A selection of material from earlier issues

Marist brother jailed. . . www.piperpost.net - 18.3.08
 
A former Marist Brothers school teacher has been jailed in Sydney after being found guilty on 17 charges of indecent assault involving young boys.

The court was told that Ross Francis Murrin, 52, was given a teaching job at a Marist Brothers' school in Daceyville, NSW in 1974. He was aged 18 at the time of his appointment. Eight students aged between nine and 11 years were molested by the priest.

Murrin asked the boys to come to his desk, after which he would sit them on his lap and fondle them. He also abused boys on other occasions, e.g. on a retreat and during periods of detention. On one occasion he reportedly pinned a boy to the floor and pulled down his pants.

The defence told the court Murrin had himself been abused between the ages of eight and 16 by an older cousin. The priest had since voluntarily undertaken a nine-month rehabilitation program for offending clergy.

He was sentenced to a maximum of three years and three months with a minimum of eighteen months.

COMMENT: Yet another one!
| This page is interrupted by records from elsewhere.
-- ===== src/Examples/Startup.antt =====
-- src/main.rs at a configuration with one upstream.
use pingora_guide.Base.{true, ◌+◌}
use pingora_guide.Base.{List, map, ◌++◌, ℕ, ◌≡◌, refl, String, false, none, [], ◌∷◌, Outcome, ok}
use pingora_guide.Base.Dict
use pingora_guide.Base.Text.{starts_with}
use pingora_guide.Config.{
  UpstreamConf, GatewayConf, default_gateway, default_options, uds, dns, round_robin, no_source,
}
use pingora_guide.Router
use pingora_guide.Router.{Router}
use pingora_guide.Request.{World}
use pingora_guide.Upstreams.StaticUpstream
use pingora_guide.Upstreams.Factory.{
  LbPlan, Service, make_lb_instance, plan_lb, finalize_lb, make_upstream, make_for,
}
use pingora_guide.Middlewares.RequestSize
use pingora_guide.Gateway.Chain.{Gateway}
use pingora_guide.Gateway.Requests.{new_ctx, request_filter}
use pingora_guide.Gateway.Connections.{upstream_peer}
use pingora_guide.Middlewares.Metrics.Registration
use pingora_guide.Startup.{
  Host, is_daemon, services_of, Args, Server, ServerService, Listener, background, proxy,
  init_upstreams, add_listeners, assemble,
}
use pingora_guide.Startup.Panics.{crate_chain}
use pingora_guide.Startup.Phases.{Step, Reach, IsStuck, every_phase-IsStuck}
use pingora_guide.Startup.Serving.{AllOwn, Exports, assembled_services}
use pingora_guide.Startup.Trace.{
  launch, register, forget, loaded, perform_all, outside, start_performs, look_up, route, check,
}
use pingora_guide.Startup.{start}
use pingora_guide.Base.{◌>>=◌, some}
use pingora_guide.Config.{static_source}
use pingora_guide.Config.{http}
use pingora_guide.Startup.Unused.{Unused, varied, init_upstreams-varied}
use pingora_guide.Startup.Complete.{configured_upstreams, IsThere}
use pingora_guide.Examples.Instance.{sample, request, world}
use pingora_guide.Examples.Routing.{shop, shop_entry}

abbrev backend : UpstreamConf
backend = record {
  id = "shop";
  source = uds "/run/app";
  selection = round_robin;
  hash_source = no_source;
  options = default_options;
  health_check = none;
  backup_backends = [];
}

abbrev small : GatewayConf
small = record default_gateway { upstreams = backend ∷ []; routes = shop ∷ [] }

-- A host with four CPUs, whose metrics are registered.
abbrev host : Host sample
host = record {
  cpus = 4;
  server_new = λ n daemon. ok true;
  Metrics = record {
    Registry = ℕ;
    IntCounterVec = ℕ;
    HistogramVec = ℕ;
    register_int_counter_vec = λ opts registry. (ok registry, registry + 1);
    register_histogram_vec = λ opts registry. (ok registry, registry + 1);
  };
  registry = λ n. 0;
}

abbrev load : ℕ → String → Outcome String GatewayConf
load n path = ok small

abbrev add_tls : ℕ → String → String → Outcome sample.Error (Unit {0})
add_tls n cert key = ok tt

abbrev task : LbPlan sample → sample.LoadBalancer
task plan = "10.1.0.1" ∷ []

abbrev gateway : Gateway sample
gateway = record {
  conf = small;
  router = record {
    regex_routes = [];
    matchit_router = ("/shop", 0) ∷ [];
    route_registry = (0, shop_entry) ∷ [];
  };
  upstreams =
      (
        "shop",
        StaticUpstream.static_upstream sample
            (StaticUpstream.new_uds sample "/run/app" default_options),
      )
      ∷ [];
  middlewares = crate_chain sample (RequestSize.new small.server);
}

abbrev args : Args
args = record { config = "gateway.yaml"; daemon = false }

abbrev server : Server sample
server = record {
  daemon = false;
  settings = record { pid_file = none; threads = some 4; grace_period_seconds = some 30 };
  services = proxy gateway [] ∷ [];
}

assembled : assemble sample load host add_tls task args small 0 ≡ (ok server, 2)
unfolding assemble services_of Registration.new init_upstreams add_listeners make_upstream make_for
    Router.new Router.add_routes Router.add_route Router.index_path Router.index_matchit
    Router.compile_acl Router.parse_nets starts_with Dict.insert
assembled = refl

abbrev incoming : World sample
incoming = world (record (request "/shop") { headers = ("Host", "a.org") ∷ [] }) (new_ctx sample 5)

abbrev filtered : World sample
filtered = (request_filter sample gateway incoming).1

abbrev chosen : World sample
chosen = (upstream_peer sample gateway filtered).1

configured_upstreams_example : IsThere sample "shop" gateway.upstreams × Unit {0}
configured_upstreams_example =
    configured_upstreams sample load host add_tls task args small 0 assembled refl

every_phase-IsStuck_example : IsStuck sample gateway chosen
every_phase-IsStuck_example =
    every_phase-IsStuck sample load host add_tls task args small 0 assembled refl 5 incoming chosen
      refl (Reach.next (Reach.next Reach.here (Step.filter refl)) (Step.peer refl))

-- A socket and a balanced upstream.
abbrev mixed : GatewayConf
mixed = record small {
  upstreams =
      backend
      ∷ record backend { id = "api"; source = dns "api.internal" 60; selection = round_robin }
      ∷ [];
}

abbrev mixed_server : Server sample
unfolding assemble services_of Registration.new init_upstreams add_listeners make_upstream make_for
    make_lb_instance plan_lb finalize_lb Router.new Router.add_routes Router.add_route
    Router.index_path Router.index_matchit Router.compile_acl Router.parse_nets starts_with
    Dict.insert
mixed_server = elim (assemble sample load host add_tls task args mixed 0).0 [
  | ok s ↦ s
  | _ ↦ server
]

mixed_assembled : assemble sample load host add_tls task args mixed 0 ≡ (ok mixed_server, 2)
unfolding assemble services_of Registration.new init_upstreams add_listeners make_upstream make_for
    make_lb_instance plan_lb finalize_lb Router.new Router.add_routes Router.add_route
    Router.index_path Router.index_matchit Router.compile_acl Router.parse_nets starts_with
    Dict.insert mixed_server
mixed_assembled = refl

assembled_services_example :
    (g : Gateway sample) × (ls : List (Listener sample)) × (services : List (Service sample))
    × (exporter : List (ServerService sample)) × (mixed_server.services
        ≡ proxy g ls ∷ (map background services ++ exporter))
    × AllOwn sample mixed.upstreams services
    × Exports sample none exporter
assembled_services_example =
    assembled_services sample load host add_tls task args mixed 0 mixed_assembled

-- A balanced upstream with an HTTP health check.
abbrev probed : UpstreamConf
probed = record backend {
  id = "api";
  source = dns "api.internal" 60;
  health_check = some (
      http (record { interval = 5; timeout = 1; consecutive_success = 1; consecutive_failure = 2 })
        "/up" 200);
}

abbrev values : Unused
values = record {
  backup_backends = record { address = "10.0.0.99:80"; weight = 1 } ∷ [];
  connection_pool_size = 64;
  expected_status = 204;
}

init_upstreams-varied_example :
    init_upstreams sample load host add_tls task
      (varied values backend ∷ varied values probed ∷ [])
      []
      []
      0
    ≡ init_upstreams sample load host add_tls task (backend ∷ probed ∷ []) [] [] 0
init_upstreams-varied_example =
    init_upstreams-varied sample load host add_tls task (λ u. values) (backend ∷ probed ∷ []) [] []
      0

-- Two addresses, a socket and a certificate.
abbrev secured : GatewayConf
secured = record small {
  upstreams =
      record backend {
        id = "api";
        source = static_source (
            record { address = "a:80"; weight = 1 } ∷ record { address = "b:80"; weight = 2 } ∷ []);
      }
      ∷ backend
      ∷ [];
  server = record small.server {
    listeners =
        record { address = "0.0.0.0:80"; tls = none }
        ∷ record {
          address = "0.0.0.0:443";
          tls = some (record { cert_path = "cert.pem"; key_path = "key.pem"; mtls_ca_cert = none });
        }
        ∷ [];
  };
}

secured_calls :
    outside true secured
    ≡ launch true
      ∷ look_up "a:80"
      ∷ look_up "b:80"
      ∷ route
      ∷ register
      ∷ check ("cert.pem", "key.pem")
      ∷ []
secured_calls = refl

abbrev load_secured : ℕ → String → Outcome String GatewayConf
load_secured n path = ok secured

start_performs_example :
    forget (start sample load_secured host add_tls task args) 0
    ≡ (loaded sample load_secured host add_tls task args >>= λ conf.
          perform_all sample load_secured host add_tls task conf
            (outside (is_daemon sample load_secured host add_tls task args conf) conf))
        0
start_performs_example = start_performs sample load_secured host add_tls task args 0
The mills of the law are grinding slowly but they are still squeezing out the truth of past misdeeds. And a PS: A rehabilitation program for offending clergy? How appalling that such a program is needed.

Another priest in trouble. . .
www.piperpost.net - 20.3.08

Father John Haines, 61, has been stood down from his work as parish priest in the Catholic Archdiocese of Melbourne. Father Haines was priest in the area near Geelong, south of Melbourne.
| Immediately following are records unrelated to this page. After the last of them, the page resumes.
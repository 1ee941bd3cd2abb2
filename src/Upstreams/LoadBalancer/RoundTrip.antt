-- ===== src/Upstreams/LoadBalancer/RoundTrip.antt =====
-- src/upstreams/load_balancer.rs: the cookie that is found in a printed `Cookie` header.
use text.Mathlib.TextEquality.{eq_iff}
use pingora_guide.Base.{
  ◌≡◌, refl, sym, ◌∙◌, ap, false, String, List, [], ◌∷◌, map, arith, All, Bool-cases, inl, inr,
  ◌==◌, string_eq, if◌then◌else◌, unwrap_or,
}
use pingora_guide.Base.Dict
use pingora_guide.Base.Dict.{Dict}
use pingora_guide.Base.Text.{nil, cons, ◌<>◌, split, trim, trim_start, is_whitespace, starts_with}
use pingora_guide.Base.Text.Laws.{
  Lacks, Lacks-append, append_assoc, append-nil, split_last, split-append, starts_with_key,
  drop_prefix-append,
}
use pingora_guide.Upstreams.LoadBalancer.Cookie.{find_cookie, cookie_value}

-- `name=value`
abbrev pub pair : String × String → String
pair (name, value) = name <> cons "=" value

-- What follows the first cookie: `; name=value` for each.
abbrev pub printed_rest : Dict String String → String
printed_rest [] = nil
printed_rest (c ∷ cs) = cons ";" (cons " " (pair c <> printed_rest cs))

-- A `Cookie` header, as a client prints its cookies.
abbrev pub printed : Dict String String → String
printed [] = nil
printed (c ∷ cs) = pair c <> printed_rest cs

-- A cookie that a client may send: its name holds no `=`, neither part holds a `;`, and there is no
-- whitespace around it.
pub record IsCookie (c : String × String) : Type 0 where
  pub name_plain : Lacks b'=' c.0
  pub name_whole : Lacks b';' c.0
  pub value_whole : Lacks b';' c.1
  pub trimmed : trim (pair c) ≡ pair c

pair_whole : (c : String × String) → IsCookie c → Lacks b';' (pair c)
pair_whole (name, value) h =
    Lacks-append b';' name (cons "=" value) h.name_whole ((λ e. omega (arith, e)), h.value_whole)

spaced : List (String × String) → List String
spaced cs = map (λ c. cons " " (pair c)) cs

split_space :
    (s p : String) (ps : List String)
    → split b';' s ≡ p ∷ ps
    → split b';' (cons " " s) ≡ cons " " p ∷ ps
unfolding split
split_space s p ps h = rw h refl

split_printed :
    (c : String × String) (cs : Dict String String)
    → All IsCookie (c ∷ cs)
    → split b';' (pair c <> printed_rest cs) ≡ pair c ∷ spaced cs
unfolding spaced
split_printed c [] (h, _) = rw append-nil (split_last b';' (pair c) (pair_whole c h))
split_printed c (d ∷ cs) (h, hs) =
    split-append ";" (pair c) (cons " " (pair d <> printed_rest cs)) (pair_whole c h)
    ∙ ap (◌∷◌ (pair c))
        (split_space (pair d <> printed_rest cs) (pair d) (spaced cs) (split_printed d cs hs))

trim_space : (s : String) → trim (cons " " s) ≡ trim s
unfolding trim trim_start is_whitespace
trim_space s = refl

-- One part of the header against the key of a cookie.
find_part :
    (name : String) (c : String × String) (part : String) (parts : List String)
    → Lacks b'=' name
    → Lacks b'=' c.0
    → trim part ≡ pair c
    → find_cookie (name <> cons "=" nil) (part ∷ parts)
      ≡ (if c.0 == name then c.1 else find_cookie (name <> cons "=" nil) parts)
unfolding find_cookie ◌<>◌
find_part name (j, v) part parts plain plain' trimmed = elim (Bool-cases (j == name)) [
  | inl same ↦
      let e : j ≡ name = (eq_iff j name).0 same in
      let whole : pair (j, v) ≡ (name <> cons "=" nil) <> v =
        ap (λ n. n <> cons "=" v) e ∙ sym (append_assoc name (cons "=" nil) v) in
      ground (
        arith,
        starts_with_key "=" name j v plain plain',
        drop_prefix-append (name <> cons "=" nil) v,
      )
  | inr other ↦ ground (arith, starts_with_key "=" name j v plain plain')
]

find_spaced :
    (name : String) (cs : Dict String String)
    → Lacks b'=' name
    → All IsCookie cs
    → find_cookie (name <> cons "=" nil) (spaced cs) ≡ unwrap_or "" (Dict.lookup name cs)
unfolding spaced find_cookie Dict.lookup
find_spaced name [] plain hs = refl
find_spaced name (c ∷ cs) plain (h, hs) =
    find_part name c (cons " " (pair c)) (spaced cs) plain h.name_plain
      (trim_space (pair c) ∙ h.trimmed)
    ∙ ground (arith, find_spaced name cs plain hs)

key_begins_no_nil : (name : String) → starts_with nil (name <> "=") ≡ false
unfolding starts_with ◌<>◌
key_begins_no_nil String.[] = refl
key_begins_no_nil (String.◌∷◌ c name) = refl

-- In the `Cookie` header that a client prints, the value of a name that is found is that of the
-- first cookie of that name, or empty if there is none.
pub cookie_value-printed :
    (name : String) (cookies : Dict String String)
    → Lacks b'=' name
    → All IsCookie cookies
    → cookie_value (name <> "=") (printed cookies) ≡ unwrap_or "" (Dict.lookup name cookies)
unfolding cookie_value find_cookie Dict.lookup
cookie_value-printed name [] plain hs = ground (arith, key_begins_no_nil name)
cookie_value-printed name (c ∷ cs) plain (h, hs) =
    ap (find_cookie (name <> "=")) (split_printed c cs (h, hs))
    ∙ find_part name c (pair c) (spaced cs) plain h.name_plain h.trimmed
    ∙ ground (arith, find_spaced name cs plain hs)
The priest has been charged with possessing child pornography, transmitting child pornography and procuring a child for pornography. He is also charged with the indecent assault of a child under 16 and indecent act with a child under 16.

The alleged offences were raised after a community member laid a complaint with Colac police. Colac is near Geelong.

Father Haines was bailed to appear again on 29 May. 

Catholic Archbishop Denis Hart commented: 'I am deeply troubled by the laying of charges and concerned for all persons involved.' He added that Fr Haines was entitled to the presumption of innocence.'

COMMENT: Naturally I cannot comment on this case until the court has determined the priest's guilt or innocence.  However, one comment is possible: Years ago many priests accused of misbehaviour did not always face police action but were quietly spirited away to another place.  These days have, thankfully, passed.

Pope tried to shift blame for child sex abuse. . .
www.piperpost.net - 20.4.08.

One of the big issues that surfaced during the Pope's US visit was the widespread abuse of children by Catholic clergy. Many of those who had been abused protested at the Church's handling of the issue.

The Pope expressed his deep regret over what had happened but in doing so tried to shift some of the blame onto the American people.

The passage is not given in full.